Records for this task Block Start
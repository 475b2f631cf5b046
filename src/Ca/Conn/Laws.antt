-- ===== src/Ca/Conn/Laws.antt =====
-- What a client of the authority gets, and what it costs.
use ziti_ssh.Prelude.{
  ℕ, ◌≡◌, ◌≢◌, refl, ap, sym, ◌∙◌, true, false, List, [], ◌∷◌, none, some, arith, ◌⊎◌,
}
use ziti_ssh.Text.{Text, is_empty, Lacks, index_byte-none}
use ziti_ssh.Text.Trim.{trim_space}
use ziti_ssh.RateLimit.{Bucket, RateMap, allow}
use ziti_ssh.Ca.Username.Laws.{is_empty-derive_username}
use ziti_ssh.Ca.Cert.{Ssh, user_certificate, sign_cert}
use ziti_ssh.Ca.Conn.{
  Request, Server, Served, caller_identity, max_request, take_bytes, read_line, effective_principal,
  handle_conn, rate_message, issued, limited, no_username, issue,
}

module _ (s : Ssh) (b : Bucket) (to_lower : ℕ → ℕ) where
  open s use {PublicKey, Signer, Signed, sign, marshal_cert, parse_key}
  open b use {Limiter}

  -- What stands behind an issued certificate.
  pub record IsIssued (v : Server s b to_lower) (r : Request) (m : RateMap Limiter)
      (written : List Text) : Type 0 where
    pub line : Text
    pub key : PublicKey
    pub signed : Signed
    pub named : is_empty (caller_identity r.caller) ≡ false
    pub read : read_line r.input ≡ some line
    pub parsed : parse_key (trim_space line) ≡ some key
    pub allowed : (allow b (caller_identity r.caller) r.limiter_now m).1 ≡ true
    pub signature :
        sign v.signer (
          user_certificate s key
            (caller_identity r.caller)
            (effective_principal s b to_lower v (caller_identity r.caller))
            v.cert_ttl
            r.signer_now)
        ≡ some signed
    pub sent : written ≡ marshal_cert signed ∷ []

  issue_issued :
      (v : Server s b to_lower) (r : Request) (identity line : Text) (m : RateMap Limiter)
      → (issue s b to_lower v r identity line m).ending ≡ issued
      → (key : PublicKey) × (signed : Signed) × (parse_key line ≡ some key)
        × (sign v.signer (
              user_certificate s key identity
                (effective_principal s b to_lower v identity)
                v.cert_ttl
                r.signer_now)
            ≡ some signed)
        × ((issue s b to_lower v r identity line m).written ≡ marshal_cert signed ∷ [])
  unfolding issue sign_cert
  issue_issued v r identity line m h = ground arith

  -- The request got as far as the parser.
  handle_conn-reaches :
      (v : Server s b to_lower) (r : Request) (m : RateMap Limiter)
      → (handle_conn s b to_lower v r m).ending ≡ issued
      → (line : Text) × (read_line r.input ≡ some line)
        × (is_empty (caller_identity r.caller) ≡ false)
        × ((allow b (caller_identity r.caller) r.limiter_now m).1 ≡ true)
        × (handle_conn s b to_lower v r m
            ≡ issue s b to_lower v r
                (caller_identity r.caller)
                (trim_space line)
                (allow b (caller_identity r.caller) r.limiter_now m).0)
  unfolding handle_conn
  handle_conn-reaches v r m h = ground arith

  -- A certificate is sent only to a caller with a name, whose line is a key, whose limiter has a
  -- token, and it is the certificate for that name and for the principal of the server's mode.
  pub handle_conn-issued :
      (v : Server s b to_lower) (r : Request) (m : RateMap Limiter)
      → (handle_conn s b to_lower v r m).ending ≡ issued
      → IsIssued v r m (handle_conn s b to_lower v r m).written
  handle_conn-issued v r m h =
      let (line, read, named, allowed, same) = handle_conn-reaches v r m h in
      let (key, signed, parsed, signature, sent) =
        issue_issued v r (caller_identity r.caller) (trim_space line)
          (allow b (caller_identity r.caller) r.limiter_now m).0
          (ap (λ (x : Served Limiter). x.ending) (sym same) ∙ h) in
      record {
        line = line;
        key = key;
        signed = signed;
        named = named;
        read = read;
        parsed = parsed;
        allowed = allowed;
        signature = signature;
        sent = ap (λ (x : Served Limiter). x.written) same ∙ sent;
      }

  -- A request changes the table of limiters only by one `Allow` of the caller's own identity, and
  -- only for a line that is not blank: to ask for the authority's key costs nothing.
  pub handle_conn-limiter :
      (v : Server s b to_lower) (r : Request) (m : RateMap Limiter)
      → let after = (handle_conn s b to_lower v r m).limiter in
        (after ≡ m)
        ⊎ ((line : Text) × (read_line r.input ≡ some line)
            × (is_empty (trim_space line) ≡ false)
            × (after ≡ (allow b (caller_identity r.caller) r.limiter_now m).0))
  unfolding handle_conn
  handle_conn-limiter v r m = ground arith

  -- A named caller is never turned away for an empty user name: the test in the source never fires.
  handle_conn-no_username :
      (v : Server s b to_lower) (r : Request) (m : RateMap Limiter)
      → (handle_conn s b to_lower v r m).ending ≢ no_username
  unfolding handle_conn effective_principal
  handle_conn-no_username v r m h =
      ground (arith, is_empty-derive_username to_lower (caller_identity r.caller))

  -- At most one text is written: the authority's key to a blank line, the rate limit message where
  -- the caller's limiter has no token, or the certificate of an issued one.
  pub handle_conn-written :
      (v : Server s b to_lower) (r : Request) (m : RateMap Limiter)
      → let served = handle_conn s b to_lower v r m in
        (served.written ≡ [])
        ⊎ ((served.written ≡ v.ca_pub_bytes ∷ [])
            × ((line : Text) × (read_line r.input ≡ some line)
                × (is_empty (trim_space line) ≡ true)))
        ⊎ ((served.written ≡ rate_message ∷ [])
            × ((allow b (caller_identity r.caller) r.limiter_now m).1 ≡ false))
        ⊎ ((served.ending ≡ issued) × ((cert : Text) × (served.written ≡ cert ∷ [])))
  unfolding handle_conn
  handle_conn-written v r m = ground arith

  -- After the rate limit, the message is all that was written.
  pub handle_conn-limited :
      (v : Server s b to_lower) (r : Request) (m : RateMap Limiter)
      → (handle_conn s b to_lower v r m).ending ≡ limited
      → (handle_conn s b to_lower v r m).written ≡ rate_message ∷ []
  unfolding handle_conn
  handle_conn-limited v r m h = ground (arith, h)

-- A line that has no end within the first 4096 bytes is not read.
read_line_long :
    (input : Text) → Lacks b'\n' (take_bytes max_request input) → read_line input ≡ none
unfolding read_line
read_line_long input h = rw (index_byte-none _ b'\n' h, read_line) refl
Records for this task Block End
Lines before the one containing "line) ≡ true)))" are left out. Repeat that line and all lines after it in the records above exactly.

■ Your response
                × (is_empty (trim_space line) ≡ true)))
        ⊎ ((served.written ≡ rate_message ∷ [])
            × ((allow b (caller_identity r.caller) r.limiter_now m).1 ≡ false))
        ⊎ ((served.ending ≡ issued) × ((cert : Text) × (served.written ≡ cert ∷ [])))
  unfolding handle_conn
  handle_conn-written v r m = ground arith

  -- After the rate limit, the message is all that was written.
  pub handle_conn-limited :
      (v : Server s b to_lower) (r : Request) (m : RateMap Limiter)
      → (handle_conn s b to_lower v r m).ending ≡ limited
      → (handle_conn s b to_lower v r m).written ≡ rate_message ∷ []
  unfolding handle_conn
  handle_conn-limited v r m h = ground (arith, h)

-- A line that has no end within the first 4096 bytes is not read.
read_line_long :
    (input : Text) → Lacks b'\n' (take_bytes max_request input) → read_line input ≡ none
unfolding read_line
read_line_long input h = rw (index_byte-none _ b'\n' h, read_line) refl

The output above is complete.